# Looking for Advice!



## Wayne2311 (Feb 13, 2012)

I have been married to my wife for 22 years next month and we are going through the hardest times ever in our marriage. We have 2 children together, one of them is in college now and the other is graduating HS next year. My wife as been a stay at home mom since my oldest was very young. She has always done a wonderful job taking care of the children, the house, the bills, doctors appointments, etc. I worked all the time but I still was very involved with the kids and always have helped with the household endeavors. The early years were very fun. We made just enough money to pay the bills and treat ourselves to some fun times. I would do side jobs on the weekends to help pay for the more elaborate vacations. 
As the children grew older and acquired their little personalities and attitudes, as everyone with teenage kids knows, my wife and I began to have some really difficult times. We struggled with the proper way to handle situations with the kids. I know it is very important that both parents need to be on the same page when it comes to discipline, but there were times when she was was very stern and argued with them for "as I saw it" little things. I am more laid back and wanted to brush it off as typical teen behavior. Like a lot of dads, I work all day and into the nights at times and the last thing I wanted to do was ground or discipline my kids when I get home. I am not sure why my wife's temper has become so short wicked but, I think it is associated with the fact that the kids are more independent and she wants so badly to be needed. Maybe it is hormonal... The arguments have become increasingly worse, sometimes including cursing at the kids. This has really upset the kids and they have mentioned to me how damaging it is. With this the kids and I have become more distant with her and she thinks we are teamed against her which is not the case. She does not want to admit that she is at fault...this is not a scoreboard...but the score is 0-50. I cannot recall the last time I heard her say she was wrong and sorry for the way she handled things. I think if she would listen and let her guard down, things would be a lot better. Maybe this is a time in her life where she needs more interaction with the real world in her daily life instead of sitting at home. This has been suggested but she has not done anything about it.
Aside from the issues with the kids, she and I hardly ever spend one on one time together such as date nights, meet for lunch, etc. They just are not that enjoyable and seem to end in an argument about something. I will admit that I am not the perfect husband at times. I live with a lot of stress from running our business and when I leave the office I want to have some down time in front of the TV when I get home. I am confused where to go next. She has brought up the possibility of trial separation to see where we both are. I would like to avoid this if at all possible because I do love her very much, but walking on egg shells and kissing ass is getting real old. We had a few sessions with counselors years ago and I went to counseling by myself a few years later. She was asked to go by herself to the same counselor. She did not think she was the problem and refused.

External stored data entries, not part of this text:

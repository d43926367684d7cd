-- ===== src/Jv/Distinct/Groups.antt =====
-- `GroupBy` of jv/arrayutil.go.
use gobase.Base.{
  ◌≡◌, refl, sym, ap, ◌∙◌, inl, inr, Option, none, some, List, [], ◌∷◌, ◌++◌, append_assoc,
  append-nil, arith, Bool-cases, Comparable, ◌==◌, nat_comparable, bool_comparable, list_comparable,
  keep,
}
use gobase.Base.GoMap.{GoMap, get_or, insert, lookup-insert, lookup, IsMap, count-keys-insert}
use gobase.Jv.Distinct.{group_loop, group_by}

-- A group, if there is one, followed by the later items of that group.
module _ {ℓ} {A : Type ℓ} where
  abbrev pub joined : Option (List A) → List A → Option (List A)
  joined none [] = none
  joined none (x ∷ xs) = some (x ∷ xs)
  joined (some group) xs = some (group ++ xs)

  joined-cons :
      (group : Option (List A)) (x : A) (xs : List A)
      → joined (some (elim group [ none ↦ [] | some v ↦ v ] ++ x ∷ [])) xs ≡ joined group (x ∷ xs)
  joined-cons none x xs = refl
  joined-cons (some g) x xs = ap some (append_assoc g (x ∷ []) xs)

  joined-nil : (group : Option (List A)) → joined group [] ≡ group
  joined-nil none = refl
  joined-nil (some g) = ap some (append-nil g)

module _ {ℓ κ} {A : Type ℓ} {K : Type κ} ⦃e : Comparable K⦄ where
  lookup-group_loop :
      (list : List A) (grouper : A → K) (output : GoMap K (List A)) (k : K)
      → lookup k (group_loop list grouper output)
        ≡ joined (lookup k output) (keep (λ x. grouper x == k) list)
  unfolding group_loop
  lookup-group_loop [] grouper output k = sym (joined-nil (lookup k output))
  lookup-group_loop (x ∷ xs) grouper output k =
      let key = grouper x in
      let output' = insert key (get_or [] key output ++ x ∷ []) output in
      lookup-group_loop xs grouper output' k
      ∙ ap (λ o. joined o (keep (λ y. grouper y == k) xs)) (lookup-insert key k _ output)
      ∙ elim (Bool-cases (key == k)) [
        | inl same ↦
            let at : lookup key output ≡ lookup k output =
              ap (λ j. lookup j output) ((e.is_eq_iff key k).0 same) in
            rw (same, ← at) (joined-cons (lookup key output) x (keep (λ y. grouper y == k) xs))
        | inr other ↦ rw other
      ]

  group_loop-IsMap :
      (list : List A) (grouper : A → K) (output : GoMap K (List A))
      → IsMap output
      → IsMap (group_loop list grouper output)
  unfolding group_loop
  group_loop-IsMap [] grouper output h = h
  group_loop-IsMap (x ∷ xs) grouper output h = group_loop-IsMap xs grouper _ λ a. ground (
    arith,
    count-keys-insert (grouper x) a (get_or [] (grouper x) output ++ x ∷ []) output h,
    h a,
  )

  -- `GroupBy` builds a map with distinct keys in which a key has an entry exactly if some item of
  -- the list has that key, and the entry holds those items in the order of the list.
  pub group_by_exact :
      (list : List A) (grouper : A → K)
      → IsMap (group_by list grouper)
        × ((k : K)
            → lookup k (group_by list grouper) ≡ joined none (keep (λ x. grouper x == k) list))
  unfolding group_by
  group_by_exact list grouper =
      (group_loop-IsMap list grouper [] (λ a. omega arith), lookup-group_loop list grouper [])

I am looking for some advice. I don't even no how to communicate with her anymore.

Wayne2311


----------



## Hope1964 (Sep 26, 2011)

Has she been evaluated for depression? And suggesting a separation - why does she think that would help? What does she do outside the home - anything?


----------



## waiwera (Sep 8, 2009)

Yes she sounds depressed or maybe peri-menopausal (some women are dreadfully effected by this)
Mindyou none of those things excuse this bad behaviour but they may go a bit of a way to explaining them.

I once had a boyfirend who used to rant and rave and swear at me when he got mad...he would lose it!
I secretly videoed him once and he was shocked at how loud, nasty and full of hatred his voice was and he understood why I was scared/intimidated of him.
Maybe you could video her (without her knowing) and play it back to her once she is calm and not angry.
We often have this veiw of ourselves and sometimes seeing/hearing how other see you is a good kick up the bum!

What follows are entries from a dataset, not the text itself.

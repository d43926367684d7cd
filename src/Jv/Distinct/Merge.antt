-- ===== src/Jv/Distinct/Merge.antt =====
-- `MergeObjects` of jv/arrayutil.go.
use gobase.Base.{
  ◌≡◌, refl, ap, ◌∙◌, Bool, false, not, List, [], ◌∷◌, ◌++◌, append_assoc, append-nil, Comparable,
  nat_comparable, bool_comparable, list_comparable, keep,
}
use gobase.Jv.Select.Laws.{remove_from_list-keep}
use gobase.Jv.Search.{contains_item}
use gobase.Jv.Distinct.{merge_into, merge_loop, merge_objects}

module _ {ℓ} {A : Type ℓ} ⦃e : Comparable A⦄ (merger : A → A → A × Bool) where
  merge_into_none :
      ((a b : A) → (merger a b).1 ≡ false)
      → (a : A) (rest : List A) → merge_into merger a rest [] ≡ (a, [])
  unfolding merge_into
  merge_into_none never a [] = refl
  merge_into_none never a (b ∷ rest) = rw (never a b, merge_into) (merge_into_none never a rest)

  merge_loop_none :
      ((a b : A) → (merger a b).1 ≡ false)
      → (done list : List A) → merge_loop merger done list [] ≡ (done ++ list, [])
  unfolding merge_loop
  merge_loop_none never done [] = rw append-nil
  merge_loop_none never done (a ∷ rest) =
      rw (merge_into_none never a rest)
        (merge_loop_none never (done ++ a ∷ []) rest ∙ ap (λ l. (l, [])) (append_assoc done _ _))

  -- A merger that never merges leaves the list as it is.
  pub merge_objects_none :
      ((a b : A) → (merger a b).1 ≡ false) → (list : List A) → merge_objects list merger ≡ list
  unfolding merge_objects contains_item
  merge_objects_none never list =
      rw (merge_loop_none never [] list) (rw remove_from_list-keep (keep_all list))
    where
      keep_all : (xs : List A) → keep (λ x. not (contains_item [] x)) xs ≡ xs
      keep_all [] = refl
      keep_all (x ∷ xs) = ap (◌∷◌ x) (keep_all xs)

Best of luck with this...not a nice way for your or your daughters to live.


----------



## bellamaxjoy (Oct 27, 2011)

Withmy second teen,life was hell. It is a long story, but I got on an anti deppresant and it changed my life. Suddenly I could deal with things again,instead of just "going off". It was a combination of depression and hormones. Today my oldest is 26 my youngest is 21 and we are all happy again. I will stay on the Meds the rest of my life if need be. I truly believe they,and Gods faithfulness,saved my marriage and kids. Try to talk to her, tell her my story, I will pm her, if it would help. Good luck...


----------



## Wayne2311 (Feb 13, 2012)

No, she has not been evaluated for depression but it does have a history in her family. I have thought about that as well, but I hesitate mentioning it to her because she has so little self esteem. She used to be very active with her friends during the day but here lately, with the economy the way it has been, all of her daytime girlfriends are working so she has been alone alot more often. She has also become more distant with some of the close friends because of "Drama" which rants around here. She lets stuff get to her, holds grudges and decides to pull back and quit talking with them. The truth about it all is, there seems to be one common denominator but how can you tell someone this without hurting them.


----------



## okeydokie (Sep 10, 2008)

you desribed my wife and daughters relationship exactly. i cannot believe how my wife lowers herself into petty and ridiculous arguments with her (shes 15). wife tells me its normal and just female stuff and i should stay out of it. even though they plop down on either side of me and start going at it. i think my wife is menopausal frankly. she is always stern, task oriented, barking orders and generally not any fun to be around


----------



## CantBeJustMe (Jan 27, 2012)

Okay, maybe some people will disagree with me, but hey that's why the internet is so great.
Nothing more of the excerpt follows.